Use -check to see the various command line options. -DNAfast makes a huge difference if you can use it. NMER will also work on proteins.
Example: nmer -infile=gb_in:dmwhite -nmer=6 -markov=3 -out=dmwhite.nmer6.txt -cutoff=15 -default head -10 dmwhite.nmer6.txt Expected generated by: Markov 3/2 Direction analyzed: Forward Required direct repeats of Nmer core: 1 Only observed >= 15 AND Prob <= 1.00999999 shown Nmer Obs Exp P (tail) AAAAAA 39 39.414 0.51605129 AAAAAC 15 18.244 0.26790133 AAAAAT 26 22.736 0.27331400 AAAACT 18 12.145 0.06870717 AAAAGT 16 11.529 0.12352026 nmer -infile=gb_in:dmwhite -nmer=6 -markov=3 -out=dmwhite.nmer6.txt -repeat=2 -cutoff=2 -default cat dmwhite.nmer6.txt Expected generated by: Markov 3/2 Direction analyzed: Forward Required direct repeats of Nmer core: 2 Only observed >= 2 AND Prob <= 1.00999999 shown Nmer Obs Exp P (tail) AAAAAA 4 0.183 0.00004005 ACACAC 4 0.003 0.00000000 ATATAT 9 0.009 0.00000000 CACACA 5 0.004 0.00000000 CTCTCT 3 0.002 0.00000000 TATATA 8 0.007 0.00000000 TCTCTC 3 0.002 0.00000000 TTTTTT 8 0.232 0.00000000 >chi**2: 39417.425781 entries:8table of contents
This is a modified version of findpatterns that outputs a set of hits in a format that can be read by the CLUSTERS programs. This provides a simple way of generating lists of positions of degenerate patterns, for instance, one could find all locations of every entry in the TFD and then look for clustering. The output, like that from make_nmer_list, must be sorted before use (see SORT). It has a few special switches:
-Offset Add this to all positions
-Step Add this to the offset for each set of hits in a
multisequence analysis. (This allows some programs
to analyze one sequence at a time, and yet do statistics
over all.) Step must be bigger than the biggest sequence
that you analyze.
-NMER Some CLUSTERS programs can filter for overlaps, but they
need to know how big a pattern is, and all patterns must
be the same size.
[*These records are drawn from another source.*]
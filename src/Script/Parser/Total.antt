-- ===== src/Script/Parser/Total.antt =====
-- internal/script/parser.go: every function of the parser keeps the promise, on any fuel that is enough
-- for what is left to read.
use laskah.Prelude.{◌<◌, ◌≢◌, length, ℕ, zero, suc, ◌+◌, ◌≤◌, ◌≡◌, ◌&&◌, arith}
use laskah.Prelude.Text.{Text, codes}
use laskah.Script.Outcome.{
  Yields-fuel, Yields-ok, out_of_fuel, ok, Yields, value, refused, Yields-then, Yields-if,
  Yields-map,
}
use laskah.Script.Lexer.{Reader, is_eof_kind, weight}
use laskah.Script.Syntax.{Node}
use laskah.Script.Parser.{
  max_nodes, Parser, Again, cur_kind, is_ident, ident_text, is_punct, is_keyword,
}
use laskah.Script.Parser.Primary.{is_banned}
use laskah.Script.Parser.Statements.{
  is_declaration, parse_block_stmt, parse_expr_stmt, parse_plain, parse_keyword, statement_at,
  parse_statement,
}
use laskah.Script.Parser.Sizes.{
  node_size, stmt_size, stmts_size, NodeIsClean, StmtIsClean, StmtsAreClean,
}
use laskah.Script.Parser.Reads.{
  Good, moved-Reads, weight-positive, count_node-Reads, skip_punct-Reads, punct_is→token,
  word_is→token, ReadsStmt, IsSound,
}
use laskah.Script.Parser.Items.{parse_block-Reads}
use laskah.Script.Parser.Primaries.{parse_expression-Reads}
use laskah.Script.Parser.Assigns.{parse_assign-Reads}
use laskah.Script.Lexer.Enough.{tokenize-Tokens}
use laskah.Script.Parser.Operators.{parse_assign}
use laskah.Script.Parser.Operands.{parse_unary-Reads}
use laskah.Script.Parser.Steps.{
  is_declaration→token, ReadsRest, parse_var_decl-Reads, parse_return-Reads, parse_if-Reads,
  parse_for_of-Reads,
}
use laskah.Script.Parser.Run.{whole, program_with, again, parse_program}

module _ {R : Type 0} (u : Reader R) (f : ℕ) (r : Again R) (s : IsSound f r) where
  parse_block_stmt-Reads :
      (p : Parser R)
      → Good p
      → weight p.tokens ≤ suc f
      → Yields (ReadsRest f r s p) (parse_block_stmt r p)
  unfolding parse_block_stmt stmt_size StmtIsClean
  parse_block_stmt-Reads p g b = Yields-then (parse_block-Reads f r s p g b) λ (body, p₁) h₁.
      value (record { good = h₁.0.good; shorter = omega arith; counted = omega arith }, h₁.1)

  parse_plain-Reads :
      (p : Parser R)
      → Good p
      → weight p.tokens ≤ suc f
      → Yields (ReadsRest f r s p) (parse_plain u r p)
  unfolding parse_plain parse_expr_stmt stmt_size StmtIsClean
  parse_plain-Reads p g b =
      Yields-if (is_ident (cur_kind p) && is_banned (ident_text (cur_kind p))) (λ _. refused)
        (λ _.
          Yields-then
            (parse_expression-Reads (parse_assign u r) (suc f) (parse_assign-Reads u f r s) p g b)
            λ (expr, p₁) h₁. Yields-then (skip_punct-Reads (codes ";") p₁ h₁.0.good) λ (_, p₂) h₂.
              value (record { good = h₂.good; shorter = omega arith; counted = omega arith }, h₁.1))

  parse_keyword-Reads :
      (p : Parser R)
      → Good p
      → weight p.tokens ≤ suc f
      → Yields (ReadsRest f r s p) (parse_keyword u r p)
  unfolding parse_keyword
  parse_keyword-Reads p g b =
      Yields-if (is_declaration p)
        (λ e. parse_var_decl-Reads f r s p g (is_declaration→token p e) b)
        (λ _.
          Yields-if (is_keyword (codes "return") p)
            (λ e. parse_return-Reads f r s p g (word_is→token (codes "return") (cur_kind p) e) b)
            (λ _.
              Yields-if (is_keyword (codes "if") p)
                (λ e. parse_if-Reads f r s p g (word_is→token (codes "if") (cur_kind p) e) b)
                (λ _.
                  Yields-if (is_keyword (codes "for") p)
                    (λ e.
                      parse_for_of-Reads f r s p g (word_is→token (codes "for") (cur_kind p) e) b)
                    (λ _. parse_plain-Reads p g b))))

  statement_at-Reads :
      (p : Parser R)
      → Good p
      → weight p.tokens ≤ suc f
      → Yields (ReadsRest f r s p) (statement_at u r p)
  unfolding statement_at stmt_size StmtIsClean stmts_size StmtsAreClean
  statement_at-Reads p g b =
      Yields-if (is_punct (codes "{") p) (λ _. parse_block_stmt-Reads p g b)
        (λ _.
          Yields-if (is_punct (codes ";") p)
            (λ e.
              let h = moved-Reads p g (punct_is→token (codes ";") (cur_kind p) e) in
              value (record { good = h.good; shorter = omega arith; counted = omega arith }, tt))
            (λ _. parse_keyword-Reads p g b))

  parse_statement-Reads :
      (p : Parser R)
      → Good p
      → weight p.tokens ≤ suc f
      → Yields (ReadsStmt p) (parse_statement u r p)
  unfolding parse_statement
  parse_statement-Reads p g b = Yields-then (count_node-Reads p g) λ (_, p₁) h₁.
      Yields-map
        (λ x q. (record { good = q.0.good; shorter = omega arith; counted = omega arith }, q.1))
        (statement_at-Reads p₁ h₁.good (omega arith))

  -- A program that is accepted is clean and within the limit.
  abbrev pub Accepted : Node R → Type 0
  Accepted v = NodeIsClean v × (node_size v + 1 ≤ max_nodes)

  program_with-Accepted :
      (source : Text) → length source ≤ f → Yields Accepted (program_with u r source)
  unfolding program_with whole
  program_with-Accepted source b = Yields-then (tokenize-Tokens u source) λ tokens t.
      Yields-then
        (parse_expression-Reads (parse_assign u r) (suc f) (parse_assign-Reads u f r s)
          (record { tokens = tokens; nodes = 0 }) (record { ended = t.0; bounded = omega arith })
          (omega (arith, t.1)))
        λ (expr, p₁) h₁. Yields-then (skip_punct-Reads (codes ";") p₁ h₁.0.good) λ (_, p₂) h₂.
          Yields-if (is_eof_kind (cur_kind p₂))
            (λ _. value (h₁.1, omega (arith, h₁.0.counted, h₁.0.good.bounded))) (λ _. refused)

module _ {R : Type 0} (u : Reader R) where
  again-IsSound : (f : ℕ) → IsSound f (again u f)
  unfolding again
  again-IsSound zero = record {
    assign_lem = λ p g w. absurd (omega (arith, weight-positive p g));
    unary_lem = λ p g w. absurd (omega (arith, weight-positive p g));
    statement_lem = λ p g w. absurd (omega (arith, weight-positive p g));
    program_lem = λ source w. absurd (omega arith);
  }
  again-IsSound (suc f) = record {
    assign_lem = parse_assign-Reads u f (again u f) (again-IsSound f);
    unary_lem = parse_unary-Reads u f (again u f) (again-IsSound f);
    statement_lem = parse_statement-Reads u f (again u f) (again-IsSound f);
    program_lem = λ source w.
        Yields-map (λ v a. a.0)
          (program_with-Accepted u f (again u f) (again-IsSound f) source (omega arith));
  }

  parse_program-Accepted :
      (source : Text)
      → Yields (λ v. NodeIsClean v × (node_size v + 1 ≤ max_nodes)) (parse_program u source)
  unfolding parse_program
  parse_program-Accepted source =
      program_with-Accepted u (length source) (again u (length source))
        (again-IsSound (length source)) source (omega arith)

  pub parse_program-Settles : (source : Text) → Yields (λ _. Unit {0}) (parse_program u source)
  parse_program-Settles source = Yields-map (λ v a. tt) (parse_program-Accepted source)

  -- For every source the parser of the scripts stops, templates and their nested expressions
  -- included: it gives a tree or an error, and the fuel of the model, the length of the source,
  -- does not run out.
  pub parse_program-total : (source : Text) → parse_program u source ≢ out_of_fuel
  parse_program-total source = Yields-fuel (parse_program-Accepted source)

  -- In a tree that the parser accepts no variable that an expression reads, calls or assigns to
  -- has a banned name, in a function or a template either. What parameters, declarations, keys
  -- and properties are called is not part of this.
  pub parse_program-NodeIsClean :
      (source : Text) (v : Node R) → parse_program u source ≡ ok v → NodeIsClean v
  parse_program-NodeIsClean source v e = (Yields-ok (parse_program-Accepted source) e).0

  -- A tree that the parser accepts has fewer than `max_nodes` nodes and statements, the
  -- expressions of templates not counted.
  pub parse_program-size :
      (source : Text) (v : Node R) → parse_program u source ≡ ok v → node_size v < max_nodes
  parse_program-size source v e = omega (arith, (Yields-ok (parse_program-Accepted source) e).1)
You can use this switch to tell the
machine what size to use for all patterns
-PREFIX Specify a string. If the patterns are entered on the command
line, or they are not given names in a data file, then they
will be named " Pat1"," Pat2", etc. by default. Prefix lets you
change " Pat" to something else. In particular, you
may or may not want to have the leading " ", which is used
by a_vs_b2 to distinguish between special sites and regular
sites.
Example:
nfindpatterns -infile=gb_in:dmwhite \
-pattern=ATATATATATAT,CTCTCTCTCTCTCT \
-out=dmwhite.nfindpatterns.txt -default
cat dmwhite.nfindpatterns.txt
6 .NMER.
262144 .STEP.
3184Pat1
5728Pat1
5730Pat1
5732Pat1
5734Pat1
5736Pat1
5738Pat1
5740Pat1
5742Pat1
14066Pat2
14068Pat2
Where Pat1 is ATATATATATAT, Pat2 is CTCTCTCTCTCTCT.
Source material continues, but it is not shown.